Pourtant, la situation du fondateur du MoDem est très différente de celle de Marine Le Pen, et à plusieurs égards. Première différence de taille, François Bayrou n’était pas eurodéputé au moment des faits, à l’inverse de la députée du Pas-de-Calais. Un détail qui a son importance, puisque plusieurs ex-eurodéputés MoDem ont été condamnés. Élu au Parlement européen et ancien vice-président du parti centriste, Jean-Luc Bennahmias a ainsi été reconnu coupable de détournement de fonds publics et condamné à 12 mois de prison avec sursis, 30 000 euros d’amende et deux ans d’inéligibilité avec sursis.

Au mois de septembre 2023, Marine Le Pen a remboursé la somme de 330 000 euros au Parlement européen pour éviter une saisie forcée, puisque les services de l’institution avaient enclenché l’article 100 du règlement financier, contraignant l’ex-eurodéputée à régler la somme réclamée. Si l’avocat de la triple candidate à la présidentielle a fait savoir à Mediapart que ce règlement « ne constitue en aucune façon une reconnaissance explicite ou implicite des prétentions du Parlement européen », aucune procédure du genre n’avait été déclenchée à l’encontre de François Bayrou. Autre donnée à prendre en compte, le montant du préjudice : 350 000 euros pour le MoDem contre plus de six millions pour le RN, dont les ramifications révélées notamment par Mediapart semblent bien plus denses que ce qui a été reproché au MoDem. Ce qui, hypothétiquement, engage Marine Le Pen à deux titres : en tant qu’ancienne eurodéputée et au titre de présidente de parti.

Le « doute » bénéficie à Bayrou, mais pour Le Pen ?

Car, relaxé « au bénéfice du doute », François Bayrou a toujours indiqué qu’il n’avait, en tant que président de parti, jamais eu à se pencher sur le travail, effectif ou supposé, des assistants parlementaires de ses élus.
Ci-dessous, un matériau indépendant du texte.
-- ===== src/Service/Loop.antt =====
-- crates/is-net/src/service.rs: `Actor::run`, one message of the mailbox after another. What the
-- code asks for while it handles a message, the time and the answers of `authorize` and `try_send`,
-- comes with the message.
use inputshare.Base.{true, false, if◌then◌else◌, ℕ, Bool, List, [], ◌∷◌}
use inputshare.Model.{WorkspaceUpdate}
use inputshare.Sharing.{InputEvent}
use inputshare.Service.{SessionOutcome, Actor}
use inputshare.Wire.{Announcement}
use inputshare.Service.Handlers.{on_sighting, on_session}
use inputshare.Service.Delivery.{on_broadcast, on_announce_owner, on_send_input}
use inputshare.Service.Dialling.{on_rescan, on_tick}

pub data Internal : Type 0 where
  sighting : Announcement → ℕ → Internal
  session : SessionOutcome → Internal
  broadcast : WorkspaceUpdate → Internal
  send_input : ℕ → List InputEvent → Internal
  announce_cursor_owner : ℕ → Internal
  rescan tick shutdown : Internal

pub record Moment : Type 0 where
  pub now : ℕ
  pub authorize : ℕ → ℕ → Bool
  pub accepts : ℕ → Bool

-- A message other than `shutdown`.
unfoldable pub react : Moment → Internal → Actor → Actor
unfolding on_sighting on_session on_broadcast on_announce_owner on_send_input on_rescan on_tick
react w (sighting n ip) a = on_sighting w.authorize w.now n ip a
react w (session outcome) a = on_session w.now outcome a
react w (broadcast u) a = on_broadcast w.accepts u a
react w (send_input to events) a = on_send_input w.accepts to events a
react w (announce_cursor_owner id) a = on_announce_owner w.accepts id a
react w rescan a = on_rescan w.now a
react w tick a = on_tick w.now a
react w shutdown a = a

abbrev pub ends : Internal → Bool
ends shutdown = true
ends _ = false

unfoldable pub run : List (Moment × Internal) → Actor → Actor
unfolding react
run [] a = a
run ((w, message) ∷ rest) a =
    let after = run rest (react w message a) in if ends message then a else after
Le tribunal a effectivement reconnu qu’aucune preuve ne permettait d’établir qu’il avait été mis au courant de ce système. Or, le contenu de plusieurs mails révélés dans la presse à la suite des perquisitions menées en 2016 et 2017 par l’Office européen de lutte antifraude (OLAF) montre que l’ex-présidente FN a bien été informée de la situation de collaborateurs rémunérés par le Parlement européen mais travaillant pour le siège du parti.

Parmi ces messages, cet avertissement envoyé en 2014 par l’eurodéputé FN Jean-Luc Schaffhauser à Wallerand de Saint-Just, alors trésorier du parti : « Ce que Marine nous demande équivaut qu’on signe pour des emplois fictifs… Et c’est le député qui est responsable pénalement ». Preuve que les deux situations sont bien différentes, la défense du RN envisage déjà le scénario d’une condamnation. Au point que, selon Le Monde, le parti d’extrême droite a déjà planifié des recours, anticipant une décision en appel qui interviendrait fin 2026, en pleine précampagne pour l’Élysée. Quant à une décision en cassation (ultime recours avant une condamnation définitive), pas avant 2028. Après l’élection présidentielle.